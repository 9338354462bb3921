-- ===== src/Controller/Replicas/Built.antt =====
-- The pods that buildAndCreatePods builds: one for each replica, ranked from 0 upwards.
use native.Mathlib.Nat.{add-zero}
use di_orchestrator.Base.{
  ℕ, zero, suc, ◌+◌, ◌≤◌, ◌<◌, ◌≡◌, refl, sym, ap, subst, ◌∙◌, true, inl, inr, Option, none, some,
  List, [], ◌∷◌, ◌++◌, append_assoc, arith, length, length-append, get_elem?, ltb, Bool-cases,
  ==_iff, ◌==◌,
}
use di_orchestrator.Text.{Text}
use di_orchestrator.Kube.{Pod}
use di_orchestrator.Job.{DiJob, Task}
use di_orchestrator.Machine.{Settings}
use di_orchestrator.Pods.Build.{total_replicas}
use di_orchestrator.Pods.Build.Annotations.{IsBuilt, build_pod_past_end, build_pod-IsBuilt}
use di_orchestrator.Controller.Replicas.{build_task, build_pods, push, append}

push-none : (o : Option Pod) → push o none ≡ none
push-none none = refl
push-none (some pod) = refl

append-none : (o : Option (List Pod)) → append o none ≡ none
append-none none = refl
append-none (some pods) = refl

-- The replicas that a job asks for: each task with its local ranks, in order.
abbrev pub Slot : Type 0
Slot = Task × ℕ

abbrev pub slots_of : Task → ℕ → ℕ → List Slot
slots_of task zero i = []
slots_of task (suc n) i = (task, i) ∷ slots_of task n (suc i)

abbrev pub slots : List Task → List Slot
slots [] = []
slots (task ∷ tasks) = slots_of task task.replicas 0 ++ slots tasks

-- The pods stand for the slots one by one, with ranks from `rank` upwards.
abbrev pub Stand : DiJob → List Text → ℕ → List Slot → List Pod → Type 0
Stand job allocation rank [] [] = Unit
Stand job allocation rank [] (_ ∷ _) = ⊥
Stand job allocation rank (_ ∷ _) [] = ⊥
Stand job allocation rank ((task, i) ∷ ss) (pod ∷ pods) =
    IsBuilt job allocation rank task i pod × Stand job allocation (suc rank) ss pods

pub Stand-append :
    (job : DiJob) (allocation : List Text) (rank : ℕ) (ss : List Slot) (pods : List Pod)
    (ss' : List Slot) (pods' : List Pod)
    → Stand job allocation rank ss pods
    → Stand job allocation (rank + length ss) ss' pods'
    → Stand job allocation rank (ss ++ ss') (pods ++ pods')
Stand-append job allocation rank [] [] ss' pods' h k =
    subst (λ r. Stand job allocation r ss' pods') (add-zero rank) k
Stand-append job allocation rank [] (_ ∷ _) ss' pods' h k = absurd h
Stand-append job allocation rank (_ ∷ _) [] ss' pods' h k = absurd h
Stand-append job allocation rank (s ∷ ss) (pod ∷ pods) ss' pods' h k = (
  h.0,
  Stand-append job allocation (suc rank) ss pods ss' pods' h.1
      (subst (λ r. Stand job allocation r ss' pods') (one_more rank (length ss)) k),
)
  where
    one_more : (a b : ℕ) → a + suc b ≡ suc a + b
    one_more a b = omega arith

pub length-slots_of : (task : Task) (n i : ℕ) → length (slots_of task n i) ≡ n
length-slots_of task zero i = refl
length-slots_of task (suc n) i = ap suc (length-slots_of task n (suc i))

pub get_elem?-middle :
    (before : List Task) (task : Task) (after : List Task)
    → get_elem? (before ++ task ∷ after) (length before) ≡ some task
get_elem?-middle [] task after = refl
get_elem?-middle (t ∷ before) task after = get_elem?-middle before task after

pub one_longer :
    (before : List Task) (task : Task) → length (before ++ task ∷ []) ≡ suc (length before)
one_longer before task = omega (arith, length-append before (task ∷ []))

module _ (settings : Settings) (job : DiJob) (allocation : List Text) where
  build_task_past_end :
      (task_num n i rank : ℕ)
      → job.spec.preemptible ≡ true
      → rank ≤ length allocation
      → length allocation < rank + n
      → build_task settings job allocation task_num n i rank ≡ none
  unfolding build_task
  build_task_past_end task_num zero i rank p lo hi = absurd (omega arith)
  build_task_past_end task_num (suc n) i rank p lo hi =
      elim (Bool-cases (rank == length allocation)) [
        | inl last ↦
            rw ((==_iff rank (length allocation)).0 last)
              (rw (build_pod_past_end settings job allocation task_num i p))
        | inr before ↦
            rw (build_task_past_end task_num n (suc i) (suc rank) p (ground arith) (omega arith))
              (push-none _)
      ]

  build_pods_past_end :
      (task_num rank : ℕ) (tasks : List Task)
      → job.spec.preemptible ≡ true
      → rank ≤ length allocation
      → length allocation < rank + total_replicas tasks
      → build_pods settings job allocation task_num rank tasks ≡ none
  unfolding build_pods total_replicas
  build_pods_past_end task_num rank [] p lo hi = absurd (omega arith)
  build_pods_past_end task_num rank (task ∷ tasks) p lo hi =
      elim (Bool-cases (ltb (length allocation) (rank + task.replicas))) [
        | inl here ↦ rw (build_task_past_end task_num task.replicas 0 rank p lo (ground arith))
        | inr later ↦
            rw
              (build_pods_past_end (suc task_num) (rank + task.replicas) tasks p (ground arith)
                (omega arith))
              (append-none _)
      ]

  build_task-Stand :
      (task_num n i rank : ℕ) (task : Task)
      → get_elem? job.spec.tasks task_num ≡ some task
      → (job.spec.preemptible ≡ true → rank + n ≤ length allocation)
      → (pods : List Pod) × (build_task settings job allocation task_num n i rank ≡ some pods)
        × Stand job allocation rank (slots_of task n i) pods
  unfolding build_task
  build_task-Stand task_num zero i rank task e fits = ([], refl, tt)
  build_task-Stand task_num (suc n) i rank task e fits =
      let (pod, one, built) =
        build_pod-IsBuilt settings job rank allocation task_num i task e
          (λ p. omega (arith, fits p)) in
      let (pods, more, stand) =
        build_task-Stand task_num n (suc i) (suc rank) task e (λ p. omega (arith, fits p)) in
      (pod ∷ pods, rw (one, more), (built, stand))

  build_pods-Stand :
      (before : List Task) (rank : ℕ) (tasks : List Task)
      → job.spec.tasks ≡ before ++ tasks
      → (job.spec.preemptible ≡ true → rank + total_replicas tasks ≤ length allocation)
      → (pods : List Pod) × (build_pods settings job allocation (length before) rank tasks
          ≡ some pods)
        × Stand job allocation rank (slots tasks) pods
  unfolding build_pods total_replicas
  build_pods-Stand before rank [] e fits = ([], refl, tt)
  build_pods-Stand before rank (task ∷ tasks) e fits =
      let (pods, one, stand) =
        build_task-Stand (length before) task.replicas 0 rank task
          (rw e (get_elem?-middle before task tasks)) (λ p. omega (arith, fits p)) in
      let (pods', more, stand') =
        build_pods-Stand (before ++ task ∷ []) (rank + task.replicas) tasks
          (e ∙ sym (append_assoc before (task ∷ []) tasks)) (λ p. omega (arith, fits p)) in
      (
        pods ++ pods',
        rw (one, (rw (one_longer before task) at more)),
        Stand-append job allocation rank (slots_of task task.replicas 0) pods (slots tasks) pods'
            stand (rw length-slots_of stand'),
      )

-- A job that is not preemptible, or whose allocation names a node for each replica, has a pod built
-- for each of its replicas: the tasks in order, each with local ranks from 0, and the ranks from
-- 0 upwards over all tasks.
pub build_pods_lem :
    (settings : Settings) (job : DiJob) (allocation : List Text)
    → (job.spec.preemptible ≡ true → total_replicas job.spec.tasks ≤ length allocation)
    → (pods : List Pod) × (build_pods settings job allocation 0 0 job.spec.tasks ≡ some pods)
      × Stand job allocation 0 (slots job.spec.tasks) pods
build_pods_lem settings job allocation fits =
    build_pods-Stand settings job allocation [] 0 job.spec.tasks refl (λ p. omega (arith, fits p))

-- A preemptible job with fewer allocated nodes than replicas has none.
pub build_pods_short :
    (settings : Settings) (job : DiJob) (allocation : List Text)
    → job.spec.preemptible ≡ true
    → length allocation < total_replicas job.spec.tasks
    → build_pods settings job allocation 0 0 job.spec.tasks ≡ none
build_pods_short settings job allocation p short =
    build_pods_past_end settings job allocation 0 0 job.spec.tasks p (omega arith) (omega arith)

pub length-Stand :
    (job : DiJob) (allocation : List Text) (rank : ℕ) (ss : List Slot) (pods : List Pod)
    → Stand job allocation rank ss pods
    → length pods ≡ length ss
length-Stand job allocation rank [] [] h = refl
length-Stand job allocation rank [] (_ ∷ _) h = absurd h
length-Stand job allocation rank (_ ∷ _) [] h = absurd h
length-Stand job allocation rank (s ∷ ss) (pod ∷ pods) h =
    ap suc (length-Stand job allocation (suc rank) ss pods h.1)

pub length-slots : (tasks : List Task) → length (slots tasks) ≡ total_replicas tasks
unfolding total_replicas
length-slots [] = refl
length-slots (task ∷ tasks) = omega (
  arith,
  length-append (slots_of task task.replicas 0) (slots tasks),
  length-slots_of task task.replicas 0,
  length-slots tasks,
)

----------

> **Activity**: Using the data above, print exactly the lines from the line that contains "pub length-slots : (tasks" through the line that contains "length-slots_of task task.replicas", with both included.

> **Final answer**:
pub length-slots : (tasks : List Task) → length (slots tasks) ≡ total_replicas tasks
unfolding total_replicas
length-slots [] = refl
length-slots (task ∷ tasks) = omega (
  arith,
  length-append (slots_of task task.replicas 0) (slots tasks),
  length-slots_of task task.replicas 0,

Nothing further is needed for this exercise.